The essence of truth, when presented, seems like an idea. It seems like something ephemeral, or abstract. How else could it be? Usually, the substantiality of truth only begins to impress itself in human awareness as something significant as it takes on some kind of manifest expression. Truth has to be embodied in human experience before its relevance is proven. The more it is embodied by a person, or by a group of people, the more significant it becomes in people’s thinking. It didn’t become more significant, actually, because the truth is already significant, even when it’s not embodied. It’s still true—people just can’t see it. And if you talk about the truth or speak words of truth, if you are one person, those words will seem thin; they will seem abstract. You may seem like a “spiritual” person. How else would it be, until truth is embodied by all concerned?
How was it said of John the Baptist? He was the “voice of one crying in the wilderness.” The truth is also spoken of as a still, small voice; hardly worth paying attention to. But all great achievement comes from what initially seems insubstantial.
So the work we have to do personally to bring spiritual regeneration to this world is to let the truth come to focus in us, because we have the courage to embody the truth in our living. That is what gets traction in the human world. I think a voice crying in the wilderness can be brushed off as crazy. A body of people expressing and manifesting the truth, bringing the current of spirit through their living, individually and collectively, becomes undeniable.
So here we are, at this point in the creative process. There are many ways to measure where that point is: it is 2012, nearing the end of the Mayan calendar, or whatever other way you may want to mark time. But here we are now, with all the facts as they are in our life and in our world. In this present moment, we come together as spiritual beings in human form to share a true vision of what must be if spiritual regeneration is to be a reality. We are present to set in consciousness, and in the human energy field that we share, what must be in the days to come if what is true is to manifest.
What is ours to do now to allow the truth to be embodied? The Trustees of Emissaries of Divine Light met recently at High Noon, outside of Cape Town, South Africa, to consider this question. What steps do we have to take? What yet has to be ignited in us? What yet has to be purified and cleansed from us? What further resolve has to land in heart and mind? What further ferocity has to come through us, so that we say no to things we need to say no to, and yes to what we must do?

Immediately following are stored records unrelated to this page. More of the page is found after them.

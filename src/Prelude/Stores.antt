-- ===== src/Prelude/Stores.antt =====
-- A store of objects of one type: how many are allocated, and what each holds.
use Prim.Native.Nat.{ℕ, suc}
use fz_daq.Prelude.Tests.{◌==◌, if◌then◌else◌}

pub record Cells {ℓ} (A : Type ℓ) : Type ℓ where
  pub count : ℕ
  pub cell : ℕ → A

module _ {ℓ} {A : Type ℓ} where
  -- No object yet; what a cell holds before its allocation is never read.
  abbrev pub no_cells : A → Cells A
  no_cells a = record { count = 0; cell = λ _. a }

  abbrev pub write : Cells A → ℕ → A → Cells A
  write c p a = record c { cell = λ q. if p == q then a else c.cell q }

  -- The new object is number `c.count`.
  abbrev pub alloc : Cells A → A → Cells A
  alloc c a = record c { count = suc c.count; cell = λ q. if c.count == q then a else c.cell q }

I write with the conviction that what will happen in the days to come will be no more than the vision we hold right now. We have no right to think that what will happen in the future will be greater than the truth we are perceiving and giving voice to now. Because the limit to what will happen in our future is not established so much by the events outside of us as it is by the nature of our vision now, and by our courage in being a voice for that vision and acting on it. So how strong will that vision be? How high will it reach? How clear will it be? How consistently will we act on it? We have no right to expect that anything more than that will transpire in the days to come. And if it did, we wouldn’t have the capacity to participate in it. If the future is happening to us instead of because of us, we are doomed.
In our Trustee sessions at High Noon, we spoke in very practical terms about what might be possible in our field of service and what the path might be to get there. We recorded parts of that vision on flip charts as we went along. By the time our sessions concluded, I had a desire for the seven of us to stand in the middle of our meeting room with those flip charts posted around us, and then ask ourselves, who are we going to have to be if that’s going to manifest? What stature of man, what stature of woman, what stature of leader, must we be if this vision is to manifest? I believe that this question is relevant for anyone who holds a compelling vision of the future.
It might seem that it’s a call to be something greater than we are. It isn’t really. It is a call to give up the smallness that most people cling to for most of their lives. It is an exercise in expanding our awareness of who we are and what is possible to us if we will be all of who we truly are.
I think it’s easy to see that we could never create in our world what is possible to us through arrogance—by trying to be something more than you really believe you are. No, it could only happen because we get down on our knees in acknowledgment of the stature of who we are created to be, who we are at our core, and get humble enough to accept the largeness of that stature—not because we can make ourselves into that but because that is how we were made by the Eternal within us. In the humility of accepting that reality, we can stand in our true stature, putting away any of the pettiness that we might be inclined to give way to in our life, because we cannot bring the voice of what is truly possible to our world by being petty in any way.
To embrace the Divine Reality within us, our own heart has to be split open, that we may truly be penetrated by that creative spirit that is our source. We have to be ready and willing to be split open in feeling and in thought, shattering any cheap concepts of spirituality, any playing small, so that we may think the thoughts of what is truly possible, and see what the Eternal has in mind.